Analysts explain Bitcoin’s January weakness

A marked pullback in Bitcoin in the first month of the year after a halving is a historical pattern, noted crypto analyst Axel Bitblaze.

In January 2017, the price of the “digital gold” fell from $1,130 to $784 — about 30%. Following the subsequent rally, the cryptocurrency reached a peak near $20,000 by late December.

In 2021, Bitcoin fell by roughly 25% in the first month, from ~$40,000 to ~$30,000. By November, prices set a new ATH at $69,000.

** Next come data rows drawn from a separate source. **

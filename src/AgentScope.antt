-- ===== src/AgentScope.antt =====
-- internal/agentscope/resolver.go: the knowledge bases that an agent's request may use.
pub mod Exact
use my_kb.Prelude.{
  ℕ, Bool, true, false, ◌||◌, not, String, ◌==◌, ◌=ℕ=◌, ltb, List, [], ◌∷◌, map, length, len,
  order_by, if◌then◌else◌,
}
use my_kb.Result.{Result, ok, err, Exec, fail, fail_if, pure, lift, attempt, wrap, ◌>>=◌, ◌>>◌}
use my_kb.Text.{is_blank, trim_space, at_most, first_of_each}
use my_kb.Http.{Headers}
use my_kb.Paging.{Page}
use my_kb.Profile.{ProductMode}
use my_kb.Authorization as Decisions
use my_kb.Authorization.{Principal, Decision, Action, read, Role, Source, public_source}
use my_kb.Library as Library
use my_kb.Library.{View, everything}

pub data Err : Type 0 where
  invalid denied too_large unavailable : Err

-- A Go string type with named values: `unknown` holds every other text.
pub data Selection : Type 0 where
  default explicit : Selection
  unknown : String → Selection

pub record Request : Type 0 where
  pub selection : Selection
  pub knowledge_base_ids : List String

pub record Entry : Type 0 where
  pub knowledge_base_id : String
  pub role : Role
  pub access_source : Source
  pub product_mode : ProductMode

pub record Scope : Type 0 where
  pub selection : Selection
  pub knowledge_base_ids : List String
  pub entries : List Entry

-- Library and Decisions.
pub record Readers (S : Type 0) : Type 0 where
  pub list : View → ℕ → ℕ → Principal → Headers → Exec S Library.Err (Page Library.Item)
  pub authorize : String → Principal → Action → Headers → Exec S Decisions.Err Decision

-- The loop of normalizeIDs: trimming and the tests; equal texts are left out afterwards, which
-- gives the same, since an error is returned whatever was kept.
unfoldable pub trimmed : List String → Result Err (List String)
trimmed [] = ok []
trimmed (v ∷ vs) =
    let rest = trimmed vs in
    let value = trim_space v in
    if value == "" || ltb 128 (len value)
    then err invalid
    else elim rest [ err e ↦ err e | ok values ↦ ok (value ∷ values) ]

-- normalizeIDs
unfoldable pub normalize_ids : List String → Result Err (List String)
normalize_ids values =
    if length values =ℕ= 0 || ltb 64 (length values)
    then (if ltb 64 (length values) then err too_large else err invalid)
    else elim (trimmed values) [
      | err e ↦ err e
      | ok ids ↦ ok (order_by at_most (first_of_each [] ids))
    ]

-- `entries[i].KnowledgeBaseID < entries[j].KnowledgeBaseID`; of two entries with one id the first stays first, which sort.Slice does
-- not promise.
unfoldable pub before : Entry → Entry → Bool
before a b = at_most a.knowledge_base_id b.knowledge_base_id

-- result
unfoldable pub scope_of : Selection → List Entry → Scope
scope_of selection entries =
    let sorted = order_by before entries in
    record {
      selection = selection;
      knowledge_base_ids = map (λ (e : Entry). e.knowledge_base_id) sorted;
      entries = sorted;
    }

unfoldable pub is_public : Source → Bool
is_public public_source = true
is_public _ = false

-- The loop of resolveDefault.
unfoldable pub default_entries : List Library.Item → List Entry
default_entries [] = []
default_entries (item ∷ items) =
    let rest = default_entries items in
    if is_public item.access_source
    then rest
    else (record {
      knowledge_base_id = item.id;
      role = item.role;
      access_source = item.access_source;
      product_mode = item.product_mode;
    })
      ∷ rest

-- What Authorize returned for one id.
unfoldable pub after_authorize : String → Result Decisions.Err Decision → Result Err Entry
after_authorize id (ok d) = ok (record {
  knowledge_base_id = id;
  role = d.role;
  access_source = d.source;
  product_mode = d.product_mode;
})
after_authorize id (err Decisions.Err.denied) = err denied
after_authorize id (err Decisions.Err.not_found) = err denied
after_authorize id (err e) = err unavailable

module _ {S : Type 0} (readers : Readers S) (p : Principal) (headers : Headers) where
  -- Resolver.resolveDefault
  unfoldable pub resolve_default : Exec S Err Scope
  resolve_default = do
    page ← wrap (λ _. unavailable) (readers.list everything 1 64 p headers)
    fail_if (ltb 64 page.total) too_large (pure (scope_of default (default_entries page.items)))

  -- The loop of resolveExplicit.
  unfoldable pub authorize_all : List String → Exec S Err (List Entry)
  authorize_all [] = pure []
  authorize_all (id ∷ ids) = do
    found ← attempt (readers.authorize id p read headers)
    entry ← lift (after_authorize id found)
    entries ← authorize_all ids
    pure (entry ∷ entries)

  -- Resolver.resolveExplicit
  unfoldable pub resolve_explicit : List String → Exec S Err Scope
  resolve_explicit values = do
    ids ← lift (normalize_ids values)
    entries ← authorize_all ids
    pure (scope_of explicit entries)

  by_selection : Selection → List String → Exec S Err Scope
  by_selection default ids = fail_if (not (length ids =ℕ= 0)) invalid resolve_default
  by_selection explicit ids = resolve_explicit ids
  by_selection (unknown s) ids = fail invalid

  -- Resolver.Resolve
  unfoldable pub resolve : Request → Exec S Err Scope
  unfolding by_selection
  resolve request =
      fail_if (is_blank p.user_id || p.tenant_id =ℕ= 0) invalid
        (by_selection request.selection request.knowledge_base_ids)
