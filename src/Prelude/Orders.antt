-- ===== src/Prelude/Orders.antt =====
-- Laws of the searches, filters and updates of Prelude/Lists: what they keep of every element.
use mathlib.Core.Path.{◌≡◌}
use mathlib.Core.Bool.{Bool, true}
use mathlib.Core.List.{List, [], ◌∷◌}
use mathlib.Core.Logic.{inl, inr}
use my_kb.Prelude.Tests.{Bool-cases}
use my_kb.Prelude.Lists.{All, select, order_by, insert_ordered}

module _ {A : Type 0} (P : A → Type 0) where
  All-insert_ordered :
      (le : A → A → Bool) (x : A) (xs : List A) → P x → All P xs → All P (insert_ordered le x xs)
  All-insert_ordered le x [] h hs = (h, tt)
  All-insert_ordered le x (y ∷ ys) h hs = elim (Bool-cases (le x y)) [
    | inl e ↦ rw e (h, hs)
    | inr e ↦ rw e (hs.0, All-insert_ordered le x ys h hs.1)
  ]

  pub All-order_by : (le : A → A → Bool) (xs : List A) → All P xs → All P (order_by le xs)
  All-order_by le [] hs = tt
  All-order_by le (x ∷ xs) hs =
      All-insert_ordered le x (order_by le xs) hs.0 (All-order_by le xs hs.1)

  pub All-select :
      (q : A → Bool) (holds : (a : A) → q a ≡ true → P a) (xs : List A) → All P (select q xs)
  All-select q holds [] = tt
  All-select q holds (x ∷ xs) = elim (Bool-cases (q x)) [
    | inl e ↦ rw e (holds x e, All-select q holds xs)
    | inr e ↦ rw e (All-select q holds xs)
  ]
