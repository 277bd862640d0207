-- ===== src/Text/Sets.antt =====
-- Lists of texts as the sets that Go's map[string]bool and sort.Strings make of them.
use my_kb.Prelude.{
  ◌≡◌, refl, ap, ◌∙◌, ◌≤◌, Bool, true, false, All, ◌||◌, ◌&&◌, not, suc, String, ◌==◌, inl, inr,
  List, [], ◌∷◌, map, member, length, insert_ordered, order_by, arith, eq_iff, Bool-cases,
}
use my_kb.Text.{first_of_each}

module _ (k : String) where
  member-insert_ordered :
      (le : String → String → Bool) (x : String) (xs : List String)
      → member k (insert_ordered le x xs) ≡ (x == k || member k xs)
  member-insert_ordered le x [] = refl
  member-insert_ordered le x (y ∷ ys) = elim (Bool-cases (le x y)) [
    | inl e ↦ rw e refl
    | inr e ↦ rw e (let ih = member-insert_ordered le x ys in ground arith)
  ]

  pub member-order_by :
      (le : String → String → Bool) (xs : List String) → member k (order_by le xs) ≡ member k xs
  member-order_by le [] = refl
  member-order_by le (x ∷ xs) =
      member-insert_ordered le x (order_by le xs) ∙ ap (λ b. x == k || b) (member-order_by le xs)

  pub member-first_of_each :
      (seen xs : List String)
      → member k (first_of_each seen xs) ≡ (member k xs && not (member k seen))
  unfolding first_of_each
  member-first_of_each seen [] = refl
  member-first_of_each seen (x ∷ xs) = elim (Bool-cases (member x seen)) [
    | inl e ↦ rw e (
        let ih = member-first_of_each seen xs in
        elim (Bool-cases (x == k)) [
          | inl same ↦ let this = (eq_iff x k).0 same in ground arith
          | inr other ↦ ground arith
        ])
    | inr e ↦ rw e (
        let ih = member-first_of_each (x ∷ seen) xs in
        elim (Bool-cases (x == k)) [
          | inl same ↦
              let this = (eq_iff x k).0 same in
              let new : member k seen ≡ false = rw this at e in ground arith
          | inr other ↦ ground arith
        ])
  ]

-- No text stands twice.
abbrev pub IsDistinct : List String → Type 0
IsDistinct [] = Unit
IsDistinct (x ∷ xs) = (member x xs ≡ false) × IsDistinct xs

IsDistinct-insert :
    (le : String → String → Bool) (x : String) (xs : List String)
    → member x xs ≡ false
    → IsDistinct xs
    → IsDistinct (insert_ordered le x xs)
IsDistinct-insert le x [] h k = (refl, tt)
IsDistinct-insert le x (y ∷ ys) h k = elim (Bool-cases (le x y)) [
  | inl e ↦ rw e (h, k)
  | inr e ↦
      let other = member-insert_ordered y le x ys in
      rw e (ground (arith, eq_iff x y, eq_iff y x), IsDistinct-insert le x ys (ground arith) k.1)
]

pub IsDistinct-order_by :
    (le : String → String → Bool) (xs : List String) → IsDistinct xs → IsDistinct (order_by le xs)
IsDistinct-order_by le [] h = tt
IsDistinct-order_by le (x ∷ xs) h =
    IsDistinct-insert le x (order_by le xs) (member-order_by x le xs ∙ h.0)
      (IsDistinct-order_by le xs h.1)

pub IsDistinct-first_of_each : (seen xs : List String) → IsDistinct (first_of_each seen xs)
unfolding first_of_each
IsDistinct-first_of_each seen [] = tt
IsDistinct-first_of_each seen (x ∷ xs) = elim (Bool-cases (member x seen)) [
  | inl e ↦ rw e (IsDistinct-first_of_each seen xs)
  | inr e ↦
      let own = member-first_of_each x (x ∷ seen) xs in
      rw e (ground (arith, eq_iff x x), IsDistinct-first_of_each (x ∷ seen) xs)
]

length-insert_ordered :
    {A : Type 0} (le : A → A → Bool) (x : A) (xs : List A)
    → length (insert_ordered le x xs) ≡ suc (length xs)
length-insert_ordered le x [] = refl
length-insert_ordered le x (y ∷ ys) = elim (Bool-cases (le x y)) [
  | inl e ↦ rw e refl
  | inr e ↦ rw e (ap suc (length-insert_ordered le x ys))
]

pub length-order_by :
    {A : Type 0} (le : A → A → Bool) (xs : List A) → length (order_by le xs) ≡ length xs
length-order_by le [] = refl
length-order_by le (x ∷ xs) =
    length-insert_ordered le x (order_by le xs) ∙ ap suc (length-order_by le xs)

pub length-first_of_each-le : (seen xs : List String) → length (first_of_each seen xs) ≤ length xs
unfolding first_of_each
length-first_of_each-le seen [] = omega arith
length-first_of_each-le seen (x ∷ xs) = elim (Bool-cases (member x seen)) [
  | inl e ↦ rw e (omega (arith, length-first_of_each-le seen xs))
  | inr e ↦ rw e (omega (arith, length-first_of_each-le (x ∷ seen) xs))
]

module _ {A : Type 0} (key : A → String) (le : String → String → Bool) where
  map-insert_ordered :
      (x : A) (xs : List A)
      → map key (insert_ordered (λ (a : A) (b : A). le (key a) (key b)) x xs)
        ≡ insert_ordered le (key x) (map key xs)
  map-insert_ordered x [] = refl
  map-insert_ordered x (y ∷ ys) = elim (Bool-cases (le (key x) (key y))) [
    | inl e ↦ rw e refl
    | inr e ↦ rw e (ap (λ l. key y ∷ l) (map-insert_ordered x ys))
  ]

  -- Sorting by a key sorts the keys.
  pub map-order_by :
      (xs : List A)
      → map key (order_by (λ (a : A) (b : A). le (key a) (key b)) xs) ≡ order_by le (map key xs)
  map-order_by [] = refl
  map-order_by (x ∷ xs) =
      map-insert_ordered x (order_by (λ (a : A) (b : A). le (key a) (key b)) xs)
      ∙ ap (insert_ordered le (key x)) (map-order_by xs)

-- What holds of each member of a list holds of all its entries.
pub All-member :
    {P : String → Type 0} (xs : List String) → ((k : String) → member k xs ≡ true → P k) → All P xs
All-member [] f = tt
All-member (x ∷ xs) f =
    (f x (ground (arith, eq_iff x x)), All-member xs (λ k m. f k (ground arith)))
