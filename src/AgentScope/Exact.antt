-- ===== src/AgentScope/Exact.antt =====
-- internal/agentscope/resolver.go: the scope against the request.
use my_kb.Prelude.{
  ◌≡◌, refl, ap, ◌∙◌, ◌≤◌, ◌||◌, suc, len, String, ◌==◌, ◌=ℕ=◌, ltb, inl, inr, List, [], ◌∷◌, map,
  member, length, All, order_by, arith, Bool-cases,
}
use my_kb.Prelude.Orders.{All-order_by}
use my_kb.Result.{ok, Result-cases}
use my_kb.Text.{trim_space, at_most, first_of_each}
use my_kb.Text.Sets.{
  IsDistinct, IsDistinct-order_by, IsDistinct-first_of_each, member-order_by, member-first_of_each,
  length-order_by, length-first_of_each-le, map-order_by,
}
use my_kb.Http.{Headers}
use my_kb.Authorization as Decisions
use my_kb.Authorization.{Principal, Decision, read}
use my_kb.AgentScope.{
  explicit, Entry, Scope, Readers, trimmed, normalize_ids, before, scope_of, after_authorize,
  authorize_all, resolve_explicit,
}

trimmed-ok : (values ids : List String) → trimmed values ≡ ok ids → ids ≡ map trim_space values
unfolding trimmed
trimmed-ok [] ids h = ground arith
trimmed-ok (v ∷ vs) ids h = elim (Bool-cases (trim_space v == "" || ltb 128 (len (trim_space v)))) [
  | inl e ↦ absurd (cc (rw e at h))
  | inr e ↦ elim (Result-cases (trimmed vs)) [
    | inr (x, e') ↦ absurd (cc (rw (trimmed, e, e') at h))
    | inl (rest, e') ↦
        let ih = trimmed-ok vs rest e' in
        let this : trim_space v ∷ rest ≡ ids = cc (rw (trimmed, e, e') at h) in rw (← this, ih) refl
  ]
]

-- The ids of a request as normalizeIDs leaves them.
pub record Normal (values ids : List String) : Type 0 where
  pub same : (k : String) → member k ids ≡ member k (map trim_space values)
  pub distinct : IsDistinct ids
  pub few : length ids ≤ 64

length-map : (f : String → String) (xs : List String) → length (map f xs) ≡ length xs
length-map f [] = refl
length-map f (x ∷ xs) = ap suc (length-map f xs)

normalize_ids-Normal :
    (values ids : List String) → normalize_ids values ≡ ok ids → Normal values ids
unfolding normalize_ids
normalize_ids-Normal values ids h =
    elim (Bool-cases (length values =ℕ= 0 || ltb 64 (length values))) [
      | inl bad ↦ absurd (ground arith)
      | inr good ↦ elim (Result-cases (trimmed values)) [
        | inr (x, e) ↦ absurd (cc (rw (normalize_ids, good, e) at h))
        | inl (ts, e) ↦
            let this : order_by at_most (first_of_each [] ts) ≡ ids =
              cc (rw (normalize_ids, good, e) at h) in
            let plain = trimmed-ok values ts e in
            rw (← this) (record {
              same = λ k.
                  member-order_by k at_most (first_of_each [] ts)
                  ∙ member-first_of_each k [] ts
                  ∙ (let b = ap (member k) plain in ground arith);
              distinct =
                  IsDistinct-order_by at_most (first_of_each [] ts)
                    (IsDistinct-first_of_each [] ts);
              few =
                  let count = ap length plain ∙ length-map trim_space values in
                  ground (
                    arith,
                    length-order_by at_most (first_of_each [] ts),
                    length-first_of_each-le [] ts,
                  );
            })
      ]
    ]

Normal-sorted :
    (values ids : List String) → Normal values ids → Normal values (order_by at_most ids)
Normal-sorted values ids n = record {
  same = λ k. member-order_by k at_most ids ∙ n.same k;
  distinct = IsDistinct-order_by at_most ids n.distinct;
  few = omega (arith, n.few, length-order_by at_most ids);
}

module _ {S : Type 0} (readers : Readers S) (p : Principal) (headers : Headers) where
  -- An entry whose knowledge base the principal was authorized to read, with the role and the
  -- source of that decision.
  pub record Authorized (entry : Entry) : Type 0 where
    pub at : S
    pub decision : Decision
    pub made : (readers.authorize entry.knowledge_base_id p read headers at).0 ≡ ok decision
    pub role : entry.role ≡ decision.role
    pub source : entry.access_source ≡ decision.source

  after_authorize-ok :
      (id : String) (s : S) (entry : Entry)
      → after_authorize id (readers.authorize id p read headers s).0 ≡ ok entry
      → Authorized entry × (entry.knowledge_base_id ≡ id)
  unfolding after_authorize
  after_authorize-ok id s entry h = elim (Result-cases (readers.authorize id p read headers s).0) [
    | inl (d, e) ↦
        let this = rw e at h in
        let same : entry.knowledge_base_id ≡ id = ground arith in
        (
          record {
            at = s;
            decision = d;
            made = rw same e;
            role = ground arith;
            source = ground arith;
          },
          same,
        )
    | inr (Decisions.Err.not_found, e) ↦ absurd (cc (rw e at h))
    | inr (Decisions.Err.invalid, e) ↦ absurd (cc (rw e at h))
    | inr (Decisions.Err.denied, e) ↦ absurd (cc (rw e at h))
    | inr (Decisions.Err.unavailable, e) ↦ absurd (cc (rw e at h))
  ]

  authorize_all-Authorized :
      (ids : List String) (entries : List Entry) (s : S)
      → (authorize_all readers p headers ids s).0 ≡ ok entries
      → All Authorized entries × (map (λ (e : Entry). e.knowledge_base_id) entries ≡ ids)
  unfolding authorize_all
  authorize_all-Authorized [] entries s h = let nothing : entries ≡ [] = cc in rw nothing (tt, refl)
  authorize_all-Authorized (id ∷ ids) entries s h =
      let s' = (readers.authorize id p read headers s).1 in
      elim (Result-cases (after_authorize id (readers.authorize id p read headers s).0)) [
        | inr (x, e) ↦ absurd (cc (rw e at h))
        | inl (entry, e) ↦ elim (Result-cases (authorize_all readers p headers ids s').0) [
          | inr (x, e') ↦ absurd (cc (rw (e, e') at h))
          | inl (rest, e') ↦
              let this : entry ∷ rest ≡ entries = cc (rw (e, e') at h) in
              let ih = authorize_all-Authorized ids rest s' e' in
              let (one, own) = after_authorize-ok id s entry e in
              rw (← this) ((one, ih.0), rw (ih.1, own) refl)
        ]
      ]

  -- The scope that an explicit request gets has one entry for each of its ids, for each of which
  -- the principal was authorized to read, with the role and the source of that decision; and its
  -- ids are those of the request, trimmed, each once, and at most 64.
  pub explicit-Authorized :
      (values : List String) (scope : Scope) (s : S)
      → (resolve_explicit readers p headers values s).0 ≡ ok scope
      → All Authorized scope.entries
        × (map (λ (e : Entry). e.knowledge_base_id) scope.entries ≡ scope.knowledge_base_ids)
        × Normal values scope.knowledge_base_ids
  unfolding resolve_explicit scope_of
  explicit-Authorized values scope s h = elim (Result-cases (normalize_ids values)) [
    | inr (x, e) ↦ absurd (cc (rw e at h))
    | inl (ids, e) ↦ elim (Result-cases (authorize_all readers p headers ids s).0) [
      | inr (x, e') ↦ absurd (cc (rw (e, e') at h))
      | inl (entries, e') ↦
          let this : scope_of explicit entries ≡ scope = cc (rw (e, e') at h) in
          let (each, own) = authorize_all-Authorized ids entries s e' in
          let sorted : map (λ (e : Entry). e.knowledge_base_id) (order_by before entries)
              ≡ order_by at_most ids =
            unfold before in
            (map-order_by (λ (e : Entry). e.knowledge_base_id) at_most entries
              ∙ ap (order_by at_most) own) in
          rw (← this) (
            All-order_by Authorized before entries each,
            refl,
            rw sorted (Normal-sorted values ids (normalize_ids-Normal values ids e)),
          )
    ]
  ]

This month the cryptocurrency at one point lost about 10%, sliding from a $102,300 peak on 7 January to below $92,000. After a rebound, it trades around $93,100 (CoinGecko).

“We all know what happened after the 2017 and 2021 dumps,” wrote Bitblaze.

YouTube blogger and analyst Crypto Rover noted that over the past year Bitcoin’s price has consistently fallen in the first half of each month. The January dip has been milder than many seen previously, he added.

“Do not worry. The bounce in the second half of the month is inevitable,” the expert said.

The author of the Stockmoney Lizards YouTube channel believes the first cryptocurrency has not yet topped in this cycle. Price action will get “more fuel” over the next 12 months, he added.

The analyst acknowledged that different cycles have been driven by different factors. He cited widespread adoption of digital assets, crypto-friendly governments around the world, and ETFs as features of the current phase.

Bitblaze pointed to another tailwind for the industry — the U.S. president-elect, Donald Trump. Incoming administrations traditionally seek to fulfill their promises, which requires injecting money into the economy. Rising liquidity has historically been positive for cryptocurrencies, the expert added.

Earlier, Fidelity specialists said one potential driver of the digital-asset market in 2025 is possible adoption of Bitcoin as a reserve asset by a number of countries.